Final answer:
To determine the constant c, we find the sum of all probabilities for all possible values of k. This leads to c = 1/2. P(X > 2) = 0, and F(t) = P(X <= t) can be computed by summing the probabilities for all values of k from 0 to t.
Step-by-step explanation:
To determine the constant c, we need to find the sum of all probabilities for all possible values of k, which should add up to 1. So:
P(X = 0) + P(X = 1) + P(X = 2) + ... = c/0! + c/1! + c/2! + ... = 1.
Since 0! = 1, we can rewrite the equation as:
c + c/1 + c/2 + ... = 1.
This is an infinite geometric series.
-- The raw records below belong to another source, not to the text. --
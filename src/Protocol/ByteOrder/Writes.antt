-- ===== src/Protocol/ByteOrder/Writes.antt =====
-- The `put_*` functions as writes of a list of bytes.
use low_latency_market_data.Common.{
  ℕ, zero, suc, ◌+◌, ◌*◌, ◌/◌, ◌%◌, ◌^◌, ◌≤◌, ◌≡◌, refl, ap, ◌∙◌, List, [], ◌∷◌, ◌++◌, length, drop,
  set, arith, length-set, ◌<◌, some, ℤ,
}
use low_latency_market_data.Protocol.ByteOrder.{
  store, put_loop, put_u8, put_u16, put_u32, put_u64, put_i64, to_u64,
}

-- Bytes written one after the other from offset `p` on.
unfoldable pub write_list : List ℕ → ℕ → List ℕ → List ℕ
write_list buf p [] = buf
write_list buf p (b ∷ bs) = write_list (set buf p b) (p + 1) bs

-- Bytes `i` to `i + n - 1` of `v`.
abbrev pub le_bytes : ℕ → ℕ → ℕ → List ℕ
le_bytes zero i v = []
le_bytes (suc n) i v = (v / 2 ^ (8 * i) % 256) ∷ le_bytes n (i + 1) v

write_list-suc :
    (bs : List ℕ) (x : ℕ) (buf : List ℕ) (p : ℕ)
    → write_list (x ∷ buf) (suc p) bs ≡ x ∷ write_list buf p bs
unfolding write_list
write_list-suc [] x buf p = refl
write_list-suc (b ∷ bs) x buf p =
    ap (λ k. write_list (x ∷ set buf p b) k bs) (shift p)
    ∙ write_list-suc bs x (set buf p b) (p + 1)
  where
    shift : (p : ℕ) → suc p + 1 ≡ suc (p + 1)
    shift p = omega arith

-- A write at the front of a span that is long enough.
pub write_list_front :
    (bs buf : List ℕ) → length bs ≤ length buf → write_list buf 0 bs ≡ bs ++ drop (length bs) buf
write_list_front [] buf h = unfold write_list in refl
write_list_front (b ∷ bs) [] h = absurd (omega arith)
write_list_front (b ∷ bs) (x ∷ buf) h =
    step ∙ write_list-suc bs b buf 0 ∙ ap (λ l. b ∷ l) (write_list_front bs buf (omega arith))
  where
    step : write_list (x ∷ buf) 0 (b ∷ bs) ≡ write_list (b ∷ buf) 1 bs
    step = unfold write_list in refl

pub length-write_list : (bs buf : List ℕ) (p : ℕ) → length (write_list buf p bs) ≡ length buf
unfolding write_list
length-write_list [] buf p = refl
length-write_list (b ∷ bs) buf p = length-write_list bs (set buf p b) (p + 1) ∙ length-set buf p b

-- What is written behind `cs`.
write_list-append :
    (cs bs buf : List ℕ) (p : ℕ)
    → write_list (write_list buf p cs) (p + length cs) bs ≡ write_list buf p (cs ++ bs)
unfolding write_list
write_list-append [] bs buf p = ap (λ k. write_list buf k bs) (omega arith)
write_list-append (c ∷ cs) bs buf p =
    ap (λ k. write_list (write_list (set buf p c) (p + 1) cs) k bs) (omega arith)
    ∙ write_list-append cs bs (set buf p c) (p + 1)

store_lem : (buf : List ℕ) (p b : ℕ) → p < length buf → store buf p b ≡ some (set buf p b)
unfolding store
store_lem buf p b h = ground arith

put_loop_lem :
    (n i : ℕ) (buf : List ℕ) (p v : ℕ)
    → p + (i + n) ≤ length buf
    → put_loop n i buf p v ≡ some (write_list buf (p + i) (le_bytes n i v))
unfolding put_loop write_list
put_loop_lem zero i buf p v h = refl
put_loop_lem (suc n) i buf p v h =
    let b = v / 2 ^ (8 * i) % 256 in
    rw (store_lem buf (p + i) b (omega arith)) (
      put_loop_lem n (i + 1) (set buf (p + i) b) p v (omega (arith, length-set buf (p + i) b))
      ∙ ap (λ k. some (write_list (set buf (p + i) b) k (le_bytes n (i + 1) v))) (omega arith))

-- The bytes `xs` stand at the front of `out`; what a `put_*` function adds to them.
module _ (out xs : List ℕ) where
  abbrev front : List ℕ
  front = write_list out 0 xs

  front_write : (bs : List ℕ) → write_list front (length xs) bs ≡ write_list out 0 (xs ++ bs)
  front_write bs = ap (λ k. write_list front k bs) (omega arith) ∙ write_list-append xs bs out 0

  next_loop :
      (n v : ℕ)
      → length xs + n ≤ length out
      → put_loop n 0 front (length xs) v ≡ some (write_list out 0 (xs ++ le_bytes n 0 v))
  next_loop n v h =
      put_loop_lem n 0 front (length xs) v (omega (arith, length-write_list xs out 0))
      ∙ ap (λ k. some (write_list front k (le_bytes n 0 v))) (omega arith)
      ∙ ap some (front_write (le_bytes n 0 v))

  pub next_u64 :
      (v : ℕ)
      → length xs + 8 ≤ length out
      → put_u64 front (length xs) v ≡ some (write_list out 0 (xs ++ le_bytes 8 0 v))
  unfolding put_u64
  next_u64 v h = next_loop 8 v h

  pub next_u32 :
      (v : ℕ)
      → length xs + 4 ≤ length out
      → put_u32 front (length xs) v ≡ some (write_list out 0 (xs ++ le_bytes 4 0 v))
  unfolding put_u32
  next_u32 v h = next_loop 4 v h

  pub next_i64 :
      (z : ℤ)
      → length xs + 8 ≤ length out
      → put_i64 front (length xs) z ≡ some (write_list out 0 (xs ++ le_bytes 8 0 (to_u64 z)))
  unfolding put_i64
  next_i64 z h = next_u64 (to_u64 z) h

  pub next_u8 :
      (v : ℕ)
      → length xs + 1 ≤ length out
      → put_u8 front (length xs) v ≡ some (write_list out 0 (xs ++ (v % 256) ∷ []))
  unfolding put_u8 write_list
  next_u8 v h =
      store_lem front (length xs) (v % 256) (omega (arith, length-write_list xs out 0))
      ∙ ap some (front_write ((v % 256) ∷ []))

  pub next_u16 :
      (v : ℕ)
      → length xs + 2 ≤ length out
      → put_u16 front (length xs) v
        ≡ some (write_list out 0 (xs ++ (v % 256) ∷ (v / 2 ^ 8 % 256) ∷ []))
  unfolding put_u16 write_list
  next_u16 v h =
      let len = length-write_list xs out 0 in
      rw (store_lem front (length xs) (v % 256) (omega arith)) (
        store_lem (set front (length xs) (v % 256)) (length xs + 1) (v / 2 ^ 8 % 256)
          (omega (arith, length-set front (length xs) (v % 256)))
        ∙ ap some (front_write ((v % 256) ∷ (v / 2 ^ 8 % 256) ∷ [])))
The sum of an infinite geometric series with a common ratio less than 1 is given by the formula:
Sum = a/(1 - r), where a is the first term and r is the common ratio.
In this case, a = c and r = 1/2. Substituting these values into the formula:
Sum = c/(1 - 1/2) = c/(1/2) = 2c.
Since the sum of all probabilities is equal to 1, we have 2c = 1, which implies c = 1/2.
To compute P(X > 2), we need to find the probability that X takes on a value greater than 2. We can compute this by subtracting the sum of probabilities for X = 0, X = 1, and X = 2 from 1. So:
P(X > 2) = 1 - P(X <= 2) = 1 - (P(X = 0) + P(X = 1) + P(X = 2)).
Substituting the values of c and the probabilities from the given law:
P(X > 2) = 1 - (1/2 + 1/2 + 1/(2*2)) = 1 - (1/2 + 1/2 + 1/4) = 1 - 1 = 0.
To find F(t) = P(X <= t), we need to find the probability that X takes on a value less than or equal to t. We can compute this by summing the probabilities for all values of k from 0 to t. So:
F(t) = P(X <= t) = P(X = 0) + P(X = 1) + ... + P(X = t).
Substituting the values of c and the probabilities from the given law:
F(t) = 1/2 + 1/2t + 1/(2t(t-1)) + ... + 1/(2t!)